July 8 Returned to Petersburg via Richmond.
late July In Weldon, North Carolina, guarding the railroad against Union cavalry raids.
August Moved to Garysburg
October 28 Moved to Tarboro, North Carolina.
November 1 Companies B, F, H & I moved to Greenville, with the rest of the regiment to Hamilton.
November 22 To Williamston and posted as pickets along the Roanoke River.
late December Returned to Weldon.
New Berne expedition

Assigned to Major General George E. Pickett’s command.

January 28-29 Moved to Kinston
January 30 Moved toward New Berne along the south side of the Trent River with Barton’s Column.
February 1 The defences of New Berne were found to be too strong and the attack was abandoned. The regiment returned to Kinston.
February 6 Returned to Weldon to protect the railroad.
late February Forced a Union force to retreat down the Dismal Swamp Canal to within 12 mlles of Norfolk
March 4 Moved toward Suffolk
March 9-11 Drove Union forces out of Suffolk and held it for two days.
March 12 Mover to Weldon.
April 14 Moved to Plymouth to support Hoke’s attack on the city,
April 17-20
Battle of Plymouth

The regiment lost 11 men killed and 89 wounded capturing the city and forcing the garrison to surrender.

late April Moved to attack Washington, North Carolina but Union forces evacuated and burned the town. On the way to attack New Berne was ordered to return to Petersburg.
May 10 Returned to Petersburg and took position just north of the town at Drewry’s Bluff.
May 11-16
Battle of Drewry’s Bluff

Colonel Clarke was wounded.

early June Assigned to Bushrod Johnson’s Division in the Bermuda Hundred trenches.
June 4 To Bottoms Bridge, south of Richmond.
June 9 Chaffin’s Farm (New Market Heights)
June 15
Defense of Petersburg

Marched through the night from Drewry’s Bluff to Petersburg to defend the city from attack. Fighting on the defenses east of town threw back the Union attackers, but significant parts of the defensive line had already been lost, and Confederates withdrew to a new defensive line at the end of the day.

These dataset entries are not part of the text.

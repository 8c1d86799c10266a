-- ===== src/Proc/Steps.antt =====
-- The critical sections on the process table as steps, from the start of the first process on.
use os.Prelude.{ℕ, ◌+◌, ◌^◌, ◌<◌, ◌≡◌, ◌≢◌, Bool, some}
use os.Kernel.{ok}
use os.Proc.{
  Table, nproc, used, running, procinit, userinit, schedule, yield, sleep, sleep_end, wakeup, kkill,
  setkilled, fork_alloc, fork_parent, fork_ready, kexit, kwait,
}

-- A process does a step only while it runs, but wakeup() and kkill() may come from any process or
-- from an interrupt. The channels of sleep() are addresses of other objects than processes, but for
-- that of kwait(). A step takes a pid only while the next one fits in an int.
pub data Step : Table → Table → Type 0 where
  schedules : {t : Table} (i : ℕ) → i < nproc → Step t (schedule i t).1
  yields : {t : Table} (i : ℕ) → i < nproc → (t.proc i).state ≡ running → Step t (yield i t)
  falls_asleep :
      {t : Table} (i chan : ℕ)
      → i < nproc
      → (t.proc i).state ≡ running
      → nproc < chan
      → Step t (sleep i chan t)
  ends_sleep : {t : Table} (i : ℕ) → i < nproc → (t.proc i).state ≡ running → Step t (sleep_end i t)
  wakes : {t : Table} (me chan : ℕ) → Step t (wakeup me chan t)
  kills : {t : Table} (pid : ℕ) → Step t (kkill pid t).1
  sets_killed : {t : Table} (i : ℕ) → Step t (setkilled i t)
  -- nextpid does not wrap around
  forks :
      {t : Table} (page pagetable copied : Bool)
      → t.next_pid + 1 < 2 ^ 31
      → Step t (fork_alloc page pagetable copied t).1
  adopts :
      {t : Table} (np me : ℕ)
      → np < nproc
      → me < nproc
      → (t.proc np).state ≡ used
      → (t.proc me).state ≡ running
      → Step t (fork_parent np me t)
  readies :
      {t : Table} (np : ℕ)
      → np < nproc
      → (t.proc np).state ≡ used
      → (t.proc np).parent ≢ 0
      → Step t (fork_ready np t)
  exits :
      {t v : Table} (i status : ℕ)
      → i < nproc
      → (t.proc i).state ≡ running
      → kexit i status t ≡ ok (tt, v)
      → Step t v
  waits :
      {t : Table} (copy : ℕ → Bool) (i : ℕ)
      → i < nproc
      → (t.proc i).state ≡ running
      → Step t (kwait copy i t).1

pub data Reach : Table → Type 0 where
  boots : {t : Table} (page pagetable : Bool) → userinit page pagetable procinit ≡ some t → Reach t
  steps : {t u : Table} → Reach t → Step t u → Reach u
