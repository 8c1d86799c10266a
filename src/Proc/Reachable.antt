-- ===== src/Proc/Reachable.antt =====
-- The process table in every reachable state.
use os.Prelude.{
  ℕ, ◌-◌, ◌<◌, ◌≤◌, ◌≡◌, ◌≢◌, ◌⊎◌, inl, inr, refl, sym, Bool, true, false, ◌==◌, arith, Bool-cases,
  ==_iff, Option, none, some,
}
use mathlib.Core.Path.{subst}
use os.Proc.{
  Proc, Table, nproc, unused, used, sleeping, runnable, running, zombie, ptr, set_proc, procinit,
  userinit, schedule, yield, sleep, sleep_end, kkill, setkilled, fork_ready, find_unused,
  alloc_entry, allocproc, allocpid,
}
use os.Proc.Inv.{Alive, Inv, set-Inv}
use os.Proc.Changes.{Roused-Inv, Roused, wakeup-Inv, fork_alloc-Inv, fork_parent-Inv}
use os.Proc.Search.{Killed, kkill-Killed}
use os.Proc.Exit.{Kept, kexit-Kept, kwait-Inv}
use os.Proc.Steps.{
  Step, schedules, yields, falls_asleep, ends_sleep, wakes, kills, sets_killed, forks, adopts,
  readies, exits, waits, Reach, boots, steps,
}

abbrev first : Table
first =
    record (set_proc
      (set_proc (record procinit { next_pid = 2 }) 0
        (record { state = used; chan = 0; killed = false; xstate = 0; pid = 1; parent = 0 }))
      0 (record { state = runnable; chan = 0; killed = false; xstate = 0; pid = 1; parent = 0 })) {
        init = 1;
      }

first-Inv : Inv first
first-Inv = record {
  init_at = 0;
  init = (refl, omega arith, (omega arith, omega arith));
  free = λ k lt s. ground arith;
  family = λ k lt nz. ground arith;
  orphans = λ k lt s ne. ground arith;
  waiting = λ q c lq lc s ch par z. ground arith;
  pids = λ k lt s. ground arith;
  distinct = λ j k lj lk ne uj uk. ground arith;
  next = (omega arith, omega arith);
}

Started : Option Table → Type 0
Started none = Unit
Started (some t) = Inv t

userinit-Started : (page pagetable : Bool) → Started (userinit page pagetable procinit)
unfolding userinit allocproc alloc_entry find_unused allocpid Started
userinit-Started true true = first-Inv
userinit-Started true false = tt
userinit-Started false pagetable = tt

set-Roused :
    (t : Table) (i : ℕ) (p : Proc)
    → p.parent ≡ (t.proc i).parent
    → p.pid ≡ (t.proc i).pid
    → p.chan ≡ (t.proc i).chan
    → (p.state ≡ (t.proc i).state) ⊎ (((t.proc i).state ≡ sleeping) × (p.state ≡ runnable))
    → Roused t (set_proc t i p)
set-Roused t i p e₁ e₂ e₃ e₄ = record {
  next_pid = refl;
  init = refl;
  parents = λ k lt. elim (Bool-cases (k == i)) [
    | inl e ↦ rw ((==_iff k i).0 e) (ground arith)
    | inr e ↦ ground arith
  ];
  pids = λ k lt. elim (Bool-cases (k == i)) [
    | inl e ↦ rw ((==_iff k i).0 e) (ground arith)
    | inr e ↦ ground arith
  ];
  chans = λ k lt. elim (Bool-cases (k == i)) [
    | inl e ↦ rw ((==_iff k i).0 e) (ground arith)
    | inr e ↦ ground arith
  ];
  states = λ k lt. elim (Bool-cases (k == i)) [
    | inl e ↦ rw ((==_iff k i).0 e) (ground arith)
    | inr e ↦ ground arith
  ];
}

setkilled-Inv : (i : ℕ) {t : Table} → Inv t → Inv (setkilled i t)
unfolding setkilled
setkilled-Inv i {t} inv = Roused-Inv inv (set-Roused t i _ refl refl refl (inl refl))

kkill-Inv : (pid : ℕ) {t : Table} → Inv t → Inv (kkill pid t).1
unfolding Killed
kkill-Inv pid {t} inv = killed_inv (kkill pid t) (kkill-Killed pid t)
  where
    killed_inv : (r : Bool × Table) → Killed pid 0 nproc t r → Inv r.1
    killed_inv (false, u) q = subst Inv (sym q.0) inv
    killed_inv (true, u) (j, lo, lj, at, is) =
        subst Inv (sym is) (Roused-Inv inv (set-Roused t j _ refl refl refl (ground arith)))

module _ {t : Table} (inv : Inv t) (i : ℕ) (li : i < nproc) where
  -- a process that has started, and does not sleep afterwards in kwait()
  moves :
      (p : Proc)
      → p.parent ≡ (t.proc i).parent
      → p.pid ≡ (t.proc i).pid
      → Alive (t.proc i).state
      → Alive p.state
      → (p.state ≡ sleeping → p.chan ≢ ptr i)
      → Inv (set_proc t i p)
  moves p par pid was is other = set-Inv inv i p (record {
    within = li;
    parent = par;
    pid = pid;
    in_use = ground arith;
    still = ground arith;
    alive = λ _. is;
    started = λ _. inl was.0;
    lives = ground arith;
    waits = λ s ch c lc. absurd (other s ch);
  })

  schedule-Inv : Inv (schedule i t).1
  unfolding schedule
  schedule-Inv = elim (Bool-cases ((t.proc i).state == runnable)) [
    | inl e ↦ rw e (moves _ refl refl (ground arith) (omega arith, omega arith) (ground arith))
    | inr e ↦ rw e inv
  ]

  yield-Inv : (t.proc i).state ≡ running → Inv (yield i t)
  unfolding yield
  yield-Inv run = moves _ refl refl (ground arith) (omega arith, omega arith) (ground arith)

  sleep-Inv : (chan : ℕ) → (t.proc i).state ≡ running → nproc < chan → Inv (sleep i chan t)
  unfolding sleep
  sleep-Inv chan run far =
      moves _ refl refl (ground arith) (omega arith, omega arith) (ground arith)

  sleep_end-Inv : (t.proc i).state ≡ running → Inv (sleep_end i t)
  unfolding sleep_end
  sleep_end-Inv run = moves _ refl refl (ground arith) (ground arith) (ground arith)

  fork_ready-Inv : (t.proc i).state ≡ used → (t.proc i).parent ≢ 0 → Inv (fork_ready i t)
  unfolding fork_ready
  fork_ready-Inv new par = set-Inv inv i _ (record {
    within = li;
    parent = refl;
    pid = refl;
    in_use = ground arith;
    still = ground arith;
    alive = λ a. ground arith;
    started = λ _. inr par;
    lives = ground arith;
    waits = ground arith;
  })

Step-Inv : {t u : Table} → Inv t → Step t u → Inv u
Step-Inv inv (schedules i li) = schedule-Inv inv i li
Step-Inv inv (yields i li run) = yield-Inv inv i li run
Step-Inv inv (falls_asleep i chan li run far) = sleep-Inv inv i li chan run far
Step-Inv inv (ends_sleep i li run) = sleep_end-Inv inv i li run
Step-Inv inv (wakes me chan) = wakeup-Inv me chan inv
Step-Inv inv (kills pid) = kkill-Inv pid inv
Step-Inv inv (sets_killed i) = setkilled-Inv i inv
Step-Inv inv (forks page pagetable copied room) = fork_alloc-Inv page pagetable copied inv room
Step-Inv inv (adopts np me ln lm new run) = fork_parent-Inv inv np me ln lm new run
Step-Inv inv (readies np ln new par) = fork_ready-Inv inv np ln new par
Step-Inv inv (exits i status li run e) = subst Kept e (kexit-Kept i status inv li run)
Step-Inv inv (waits copy i li run) = kwait-Inv copy i inv li run

pub Reach-Inv : {t : Table} → Reach t → Inv t
unfolding Started
Reach-Inv (boots page pagetable e) = subst Started e (userinit-Started page pagetable)
Reach-Inv (steps r s) = Step-Inv (Reach-Inv r) s

-- In every reachable state no process sleeps in kwait() while a child of it has exited.
pub kwait-no_lost_exit :
    {t : Table} (p c : ℕ)
    → Reach t
    → p < nproc
    → c < nproc
    → (t.proc p).state ≡ sleeping
    → (t.proc p).chan ≡ ptr p
    → (t.proc c).parent ≡ ptr p
    → (t.proc c).state ≢ zombie
kwait-no_lost_exit p c r lp lc s ch par = (Reach-Inv r).waiting p c lp lc s ch par

-- In every reachable state a process that has started, but for init, has a parent that is in the
-- table and has not exited: it sleeps, is runnable or runs.
pub parent-Alive :
    {t : Table} (c : ℕ)
    → Reach t
    → c < nproc
    → sleeping ≤ (t.proc c).state
    → ptr c ≢ t.init
    → (p : ℕ) × (p < nproc)
      × ((t.proc c).parent ≡ ptr p)
      × (sleeping ≤ (t.proc p).state)
      × ((t.proc p).state ≤ running)
parent-Alive {t} c r lc s other =
    let inv = Reach-Inv r in
    let nz : (t.proc c).parent ≢ 0 = inv.orphans c lc s (ground (arith, inv.init)) in
    let (at, alive) = inv.family c lc nz in
    ((t.proc c).parent - 1, omega arith, omega arith, alive.0, alive.1)

-- In every state that is reached while nextpid stays below 2^31, and so does not wrap around, two
-- entries in use of the process table have different pids, and these are positive.
pub allocpid-distinct :
    {t : Table} (j k : ℕ)
    → Reach t
    → j < nproc
    → k < nproc
    → j ≢ k
    → (t.proc j).state ≢ unused
    → (t.proc k).state ≢ unused
    → (0 < (t.proc j).pid) × ((t.proc j).pid ≢ (t.proc k).pid)
allocpid-distinct j k r lj lk ne uj uk =
    let inv = Reach-Inv r in ((inv.pids j lj uj).0, inv.distinct j k lj lk ne uj uk)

June 16 Relieved by new reinforcements from Lee’s army and pulled back to rest in the rear area.
Siege of Petersburg Begins
June 22
Jerusalem Plank Road

Moved to the extreme right of the Confederate defensive line but remained in reserve and took no part in the fighting.

June 24 Occupied trenches south of the Petersburg & Norfolk Railroad on the southeast side of the Petersburg defences.
July 30
Battle of the Crater

The detonation of the Crater was a short distance to the right of the regiment’s position. The 24th sealed off the penetration and helded the trenches against Union support attacks. They also supported Mahone’s Division in their attack that eliminated the Union position in the Crater itself.

August 18-21
Battle of Globe Tavern

Joined Heth’s Division for a successful attack on Union troops, then returned to the trenches along the CIty Point Railroad.

February 5-7
Battle of Hatcher’s Run

Colonel Clark was captured at Dinwiddie Court House and Lieutenant Colonel Harris was severly wounded.

March 24 Pulled out of the trenches in preparation for Gordon’s attack on Fort Stedman.
March 25
Attack on Fort Stedman

The attack successfully broke into Union lines and captured Fort Stedman, but was unable to advance further. Retreat back to Confederate lines was across a no-man’s-land swept by fire, and many preferred to surrender rather than risk death. Major Love was wounded and captured. Two companies of the regiment lost half their men as prisoners.

March 31
Dinwiddie Court House
April 1
Battle of Five Forks
April 6
Battle of Sayler’s Creek

Much of the regiment became casualties, incuding many captured.

April 9
Appomattox Court House

The regiment surrendered 1 assistant surgeon and 54 enlisted men.